[Data extract — start]
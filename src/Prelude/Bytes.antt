-- ===== src/Prelude/Bytes.antt =====
-- Memory as lists of bytes: little-endian integers of a fixed width, and reading a packed struct
-- field by field, as `memcpy` into a struct does on the machines that the program supports.
use Prim.Native.Nat.{ℕ, zero, suc, ◌+◌, ◌*◌, ◌/◌, ◌%◌, ◌^◌, ◌<◌}
use Prim.Native.Char.{code}
use Prim.Native.String.{String}
use mathlib.Core.Path.{◌≡◌, refl, sym, ap, ◌∙◌}
use mathlib.Core.Logic.{◌≢◌}
use mathlib.Core.List.{List, [], ◌∷◌, ◌++◌, append-nil}
use native.Mathlib.Nat.{pow-suc}
use native.Mathlib.Omega.{arith}
use kv8_metrics.Prelude.Lists.{length, take, drop}

abbrev pub Bytes : Type 0
Bytes = List ℕ

-- The bytes of an ASCII literal of the source.
abbrev pub codes : String → Bytes
codes String.[] = []
codes (String.◌∷◌ c s) = code c ∷ codes s

-- The `w` bytes of an unsigned integer, lowest first.
unfoldable pub le : ℕ → ℕ → Bytes
le zero v = []
le (suc w) v = (v % 256) ∷ le w (v / 256)

unfoldable pub un_le : Bytes → ℕ
un_le [] = 0
un_le (b ∷ bs) = b + 256 * un_le bs

-- The integer in the first `w` bytes, and what stands behind them.
unfoldable pub field : ℕ → Bytes → ℕ
unfolding un_le
field w bs = un_le (take w bs)

unfoldable pub skip : ℕ → Bytes → Bytes
skip w bs = drop w bs

pub length-le : (w v : ℕ) → length (le w v) ≡ w
unfolding le
length-le zero v = refl
length-le (suc w) v = ap suc (length-le w (v / 256))

un_le-le : (w v : ℕ) → v < 256 ^ w → un_le (le w v) ≡ v
unfolding le un_le
un_le-le zero v h = omega arith
un_le-le (suc w) v h = omega (arith, pow-suc 256 w, un_le-le w (v / 256))

pub take-length {ℓ} : {A : Type ℓ} (n : ℕ) (xs ys : List A) → length xs ≡ n → take n (xs ++ ys) ≡ xs
take-length zero [] ys e = refl
take-length zero (x ∷ xs) ys e = absurd (omega arith)
take-length (suc n) [] ys e = absurd (omega arith)
take-length (suc n) (x ∷ xs) ys e = ap (λ zs. x ∷ zs) (take-length n xs ys (omega arith))

pub drop-length {ℓ} : {A : Type ℓ} (n : ℕ) (xs ys : List A) → length xs ≡ n → drop n (xs ++ ys) ≡ ys
drop-length zero [] ys e = refl
drop-length zero (x ∷ xs) ys e = absurd (omega arith)
drop-length (suc n) [] ys e = absurd (omega arith)
drop-length (suc n) (x ∷ xs) ys e = drop-length n xs ys (omega arith)

-- Reading back a field that was written, whatever follows.
pub field-le : (w v : ℕ) (rest : Bytes) → v < 256 ^ w → field w (le w v ++ rest) ≡ v
unfolding field
field-le w v rest h = ap un_le (take-length w (le w v) rest (length-le w v)) ∙ un_le-le w v h

pub skip-le : (w v : ℕ) (rest : Bytes) → skip w (le w v ++ rest) ≡ rest
unfolding skip
skip-le w v rest = drop-length w (le w v) rest (length-le w v)

-- A field of `w` bytes is below 256 ^ w, as long as what is read are bytes.
abbrev pub AllBytes : Bytes → Type 0
AllBytes [] = Unit {0}
AllBytes (b ∷ bs) = (b < 256) × AllBytes bs

un_le-lt : (w : ℕ) (bs : Bytes) → AllBytes bs → un_le (take w bs) < 256 ^ w
unfolding un_le
un_le-lt zero bs h = omega arith
un_le-lt (suc w) [] h = omega (arith, pow-suc 256 w, un_le-lt w [] h)
un_le-lt (suc w) (b ∷ bs) h = omega (arith, pow-suc 256 w, un_le-lt w bs h.1)

pub field-lt : (w : ℕ) (bs : Bytes) → AllBytes bs → field w bs < 256 ^ w
unfolding field
field-lt w bs h = un_le-lt w bs h

-- Bytes are determined by the integer that they stand for.
le-un_le : (bs : Bytes) → AllBytes bs → le (length bs) (un_le bs) ≡ bs
unfolding le un_le
le-un_le [] h = refl
le-un_le (b ∷ bs) h =
    ap (λ c. c ∷ le (length bs) ((b + 256 * un_le bs) / 256)) {x = (b + 256 * un_le bs) % 256}
      {y = b} (omega (arith, h.0))
    ∙ ap (λ v. b ∷ le (length bs) v) {x = (b + 256 * un_le bs) / 256} {y = un_le bs}
        (omega (arith, h.0))
    ∙ ap (λ cs. b ∷ cs) (le-un_le bs h.1)

pub take-AllBytes : (n : ℕ) (bs : Bytes) → AllBytes bs → AllBytes (take n bs)
take-AllBytes zero bs h = tt
take-AllBytes (suc n) [] h = tt
take-AllBytes (suc n) (b ∷ bs) h = (h.0, take-AllBytes n bs h.1)

pub drop-AllBytes : (n : ℕ) (bs : Bytes) → AllBytes bs → AllBytes (drop n bs)
drop-AllBytes zero bs h = h
drop-AllBytes (suc n) [] h = tt
drop-AllBytes (suc n) (b ∷ bs) h = drop-AllBytes n bs h.1

-- Writing back what was read from exactly `w` bytes.
pub le-field : (w : ℕ) (bs : Bytes) → AllBytes bs → length bs ≡ w → le w (field w bs) ≡ bs
unfolding field
le-field w bs h e =
    ap (λ xs. le w (un_le xs)) (sym (ap (take w) (append-nil bs)) ∙ take-length w bs [] e)
    ∙ ap (λ k. le k (un_le bs)) (sym e)
    ∙ le-un_le bs h

-- The character `m` does not occur.
abbrev pub Lacks : ℕ → Bytes → Type 0
Lacks m [] = Unit {0}
Lacks m (c ∷ s) = (c ≢ m) × Lacks m s

pub append-Lacks : (m : ℕ) (s t : Bytes) → Lacks m s → Lacks m t → Lacks m (s ++ t)
append-Lacks m [] t hs ht = ht
append-Lacks m (c ∷ s) t hs ht = (hs.0, append-Lacks m s t hs.1 ht)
[Data extract — finish]
Task item =>
Working from the data above, extract solely the lines from the one containing "(xs ++ ys) ≡ ys" through the one containing "unfolding skip", exactly as they appear, both included.

Solution below =>
pub drop-length {ℓ} : {A : Type ℓ} (n : ℕ) (xs ys : List A) → length xs ≡ n → drop n (xs ++ ys) ≡ ys
drop-length zero [] ys e = refl
drop-length zero (x ∷ xs) ys e = absurd (omega arith)
drop-length (suc n) [] ys e = absurd (omega arith)
drop-length (suc n) (x ∷ xs) ys e = drop-length n xs ys (omega arith)

-- Reading back a field that was written, whatever follows.
pub field-le : (w v : ℕ) (rest : Bytes) → v < 256 ^ w → field w (le w v ++ rest) ≡ v
unfolding field
field-le w v rest h = ap un_le (take-length w (le w v) rest (length-le w v)) ∙ un_le-le w v h

pub skip-le : (w v : ℕ) (rest : Bytes) → skip w (le w v ++ rest) ≡ rest
unfolding skip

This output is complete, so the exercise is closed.